◆ **Task**
Return every line of the data below that includes the string "cached".

◆ **Source records**
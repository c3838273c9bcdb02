-- ===== src/Idempotency/Endpoint.antt =====
-- core/idempotency.py as bank/api.py and pos/api.py use it: what every endpoint does that takes a
-- key. A stored response is the record that it was made from.
use mock_sim.Base.{ℕ, Option, none, some, Text}
use mock_sim.Errors.{python_error}
use mock_sim.Models.{IdempotencyRecord, EndpointClass, ResponseBody}
use mock_sim.Session.{Env, Session, Result, raise, lift, ◌>>=◌, transaction}
use mock_sim.Idempotency.{get_or_start}

module _ {A : Type 0} where
  -- `if cached: return Response(**cached.response_body)`, and what comes after it.
  unfoldable pub answer :
      (Option ResponseBody → Result A) → Session A → Option IdempotencyRecord → Session A
  answer read start (some cached) = lift (read cached.response_body)
  answer read start none = start

  -- The body of the handler, under the tenant of the request: `assert tenant_id is not None`.
  unfoldable pub handle :
      Env
      → Text
      → Text
      → EndpointClass
      → (Option ResponseBody → Result A)
      → (ℕ → Session A)
      → Option ℕ
      → Session A
  handle env key dumped endpoint_class read start none = raise python_error
  handle env key dumped endpoint_class read start (some tenant) =
      get_or_start env tenant key dumped endpoint_class >>= answer read (start tenant)

  -- The endpoint, in its session: the JSON text of the body, how a stored response is read, and what
  -- is done for a key that is seen for the first time.
  unfoldable pub endpoint :
      Env
      → Text
      → Text
      → EndpointClass
      → (Option ResponseBody → Result A)
      → (ℕ → Session A)
      → Session A
  endpoint env key dumped endpoint_class read start =
      transaction (handle env key dumped endpoint_class read start env.tenant)
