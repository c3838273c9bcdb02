-- ===== src/Bank/Regions.antt =====
-- bank/regions.py: the bank region table, the lookup of a region and the bounce reasons.
pub mod Checks
mod Tests
use mock_sim.Base.{ℕ, Option, none, some, List, [], ◌∷◌, Text, codes, upper, dict_get}
use mock_sim.Errors.{python_error}
use mock_sim.Session.{Result, ok, err}

pub record BankRegionConfig : Type 0 where
  pub code : Text
  pub currency : Text
  pub rtgs_rail : Text
  pub instant_rail : Text
  pub dd_scheme : Text
  pub supported_rails : List Text
  pub iban_length : ℕ
  pub bic_suffix : Text
  pub settlement_cutoff_hour : ℕ
  pub weekend_days : List ℕ
  pub bounce_code_map : List (Text × Text)

-- `_CANONICAL_BOUNCE`
abbrev pub canonical_bounce : List Text
canonical_bounce =
    codes "INSUFFICIENT_FUNDS"
    ∷ codes "ACCOUNT_DORMANT"
    ∷ codes "ACCOUNT_CLOSED"
    ∷ codes "MANDATE_EXPIRED"
    ∷ codes "MANDATE_CANCELLED_BY_PAYER"
    ∷ codes "AMOUNT_EXCEEDS_LIMIT"
    ∷ codes "TECHNICAL_FAILURE"
    ∷ []

abbrev pub pakistan : BankRegionConfig
pakistan = record {
  code = codes "PK";
  currency = codes "PKR";
  rtgs_rail = codes "PRISM";
  instant_rail = codes "RAAST";
  dd_scheme = codes "1LINK_DD";
  supported_rails = codes "RAAST" ∷ codes "PRISM" ∷ codes "1LINK" ∷ codes "NIFT" ∷ [];
  iban_length = 24;
  bic_suffix = codes "PK";
  settlement_cutoff_hour = 16;
  weekend_days = 6 ∷ 7 ∷ [];
  bounce_code_map =
      (codes "D05", codes "INSUFFICIENT_FUNDS")
      ∷ (codes "D06", codes "ACCOUNT_DORMANT")
      ∷ (codes "D07", codes "ACCOUNT_CLOSED")
      ∷ (codes "D08", codes "MANDATE_EXPIRED")
      ∷ (codes "D09", codes "MANDATE_CANCELLED_BY_PAYER")
      ∷ (codes "D10", codes "AMOUNT_EXCEEDS_LIMIT")
      ∷ (codes "D99", codes "TECHNICAL_FAILURE")
      ∷ [];
}

abbrev pub emirates : BankRegionConfig
emirates = record {
  code = codes "AE";
  currency = codes "AED";
  rtgs_rail = codes "UAEFTS";
  instant_rail = codes "Aani";
  dd_scheme = codes "UAEDDS";
  supported_rails = codes "Aani" ∷ codes "UAEFTS" ∷ [];
  iban_length = 23;
  bic_suffix = codes "AE";
  settlement_cutoff_hour = 15;
  weekend_days = 6 ∷ 7 ∷ [];
  bounce_code_map =
      (codes "R01", codes "INSUFFICIENT_FUNDS")
      ∷ (codes "R02", codes "ACCOUNT_DORMANT")
      ∷ (codes "R03", codes "ACCOUNT_CLOSED")
      ∷ (codes "R04", codes "MANDATE_EXPIRED")
      ∷ (codes "R05", codes "MANDATE_CANCELLED_BY_PAYER")
      ∷ (codes "R06", codes "AMOUNT_EXCEEDS_LIMIT")
      ∷ (codes "R99", codes "TECHNICAL_FAILURE")
      ∷ [];
}

abbrev pub saudi_arabia : BankRegionConfig
saudi_arabia = record {
  code = codes "SA";
  currency = codes "SAR";
  rtgs_rail = codes "Sarie";
  instant_rail = codes "IPS";
  dd_scheme = codes "SADAD_DD";
  supported_rails = codes "IPS" ∷ codes "Sarie" ∷ [];
  iban_length = 24;
  bic_suffix = codes "SA";
  settlement_cutoff_hour = 15;
  weekend_days = 5 ∷ 6 ∷ [];
  bounce_code_map =
      (codes "AC04", codes "ACCOUNT_CLOSED")
      ∷ (codes "AM04", codes "INSUFFICIENT_FUNDS")
      ∷ (codes "AC06", codes "ACCOUNT_DORMANT")
      ∷ (codes "MD01", codes "MANDATE_CANCELLED_BY_PAYER")
      ∷ (codes "MD02", codes "MANDATE_EXPIRED")
      ∷ (codes "AM02", codes "AMOUNT_EXCEEDS_LIMIT")
      ∷ (codes "MS03", codes "TECHNICAL_FAILURE")
      ∷ [];
}

abbrev pub egypt : BankRegionConfig
egypt = record {
  code = codes "EG";
  currency = codes "EGP";
  rtgs_rail = codes "RTGS_CBE";
  instant_rail = codes "InstaPay";
  dd_scheme = codes "CBE_DD";
  supported_rails = codes "InstaPay" ∷ codes "RTGS_CBE" ∷ [];
  iban_length = 29;
  bic_suffix = codes "EG";
  settlement_cutoff_hour = 15;
  weekend_days = 5 ∷ 6 ∷ [];
  bounce_code_map =
      (codes "01", codes "INSUFFICIENT_FUNDS")
      ∷ (codes "02", codes "ACCOUNT_DORMANT")
      ∷ (codes "03", codes "ACCOUNT_CLOSED")
      ∷ (codes "04", codes "MANDATE_EXPIRED")
      ∷ (codes "05", codes "MANDATE_CANCELLED_BY_PAYER")
      ∷ (codes "06", codes "AMOUNT_EXCEEDS_LIMIT")
      ∷ (codes "99", codes "TECHNICAL_FAILURE")
      ∷ [];
}

abbrev pub bahrain : BankRegionConfig
bahrain = record {
  code = codes "BH";
  currency = codes "BHD";
  rtgs_rail = codes "EFTS";
  instant_rail = codes "BENEFIT_Pay";
  dd_scheme = codes "BENEFIT_DD";
  supported_rails = codes "BENEFIT_Pay" ∷ codes "EFTS" ∷ codes "FAWRI+" ∷ [];
  iban_length = 22;
  bic_suffix = codes "BH";
  settlement_cutoff_hour = 15;
  weekend_days = 5 ∷ 6 ∷ [];
  bounce_code_map =
      (codes "B01", codes "INSUFFICIENT_FUNDS")
      ∷ (codes "B02", codes "ACCOUNT_DORMANT")
      ∷ (codes "B03", codes "ACCOUNT_CLOSED")
      ∷ (codes "B04", codes "MANDATE_EXPIRED")
      ∷ (codes "B05", codes "MANDATE_CANCELLED_BY_PAYER")
      ∷ (codes "B06", codes "AMOUNT_EXCEEDS_LIMIT")
      ∷ (codes "B99", codes "TECHNICAL_FAILURE")
      ∷ [];
}

-- `_REGIONS`
abbrev pub regions : List (Text × BankRegionConfig)
regions =
    (codes "PK", pakistan)
    ∷ (codes "AE", emirates)
    ∷ (codes "SA", saudi_arabia)
    ∷ (codes "EG", egypt)
    ∷ (codes "BH", bahrain)
    ∷ []

unfoldable pub get_region : Text → Result BankRegionConfig
get_region code = elim (dict_get (upper code) regions) [
  | some cfg ↦ ok cfg
  | none ↦ err python_error
]

-- `d.get(k, default)`
abbrev pub get_default : Option Text → Text → Text
get_default (some v) default = v
get_default none default = default

abbrev pub bounce_messages : List (Text × Text)
bounce_messages =
    (codes "INSUFFICIENT_FUNDS", codes "Account balance below required amount")
    ∷ (codes "ACCOUNT_DORMANT", codes "Account is dormant")
    ∷ (codes "ACCOUNT_CLOSED", codes "Account is closed")
    ∷ (codes "MANDATE_EXPIRED", codes "Mandate has expired")
    ∷ (codes "MANDATE_CANCELLED_BY_PAYER", codes "Mandate was cancelled by payer")
    ∷ (codes "AMOUNT_EXCEEDS_LIMIT", codes "Amount exceeds mandate or account limit")
    ∷ (codes "TECHNICAL_FAILURE", codes "Technical failure at destination bank")
    ∷ []

-- `_bounce_message`
unfoldable pub bounce_message : Text → Text
bounce_message canonical =
    get_default (dict_get canonical bounce_messages) (codes "Unknown failure")

pub record BounceReason : Type 0 where
  pub bounce_reason : Text
  pub provider_code : Text
  pub provider_message : Text

unfoldable pub bounce_of : BankRegionConfig → Text → BounceReason
bounce_of cfg provider_code =
    let canonical =
      get_default (dict_get provider_code cfg.bounce_code_map) (codes "TECHNICAL_FAILURE") in
    record {
      bounce_reason = canonical;
      provider_code = provider_code;
      provider_message = bounce_message canonical;
    }

unfoldable pub normalize_bounce_reason : Text → Text → Result BounceReason
normalize_bounce_reason region_code provider_code = elim (get_region region_code) [
  | ok cfg ↦ ok (bounce_of cfg provider_code)
  | err e ↦ err e
]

◆ **Response**
  -- `if cached: return Response(**cached.response_body)`, and what comes after it.
  answer read start (some cached) = lift (read cached.response_body)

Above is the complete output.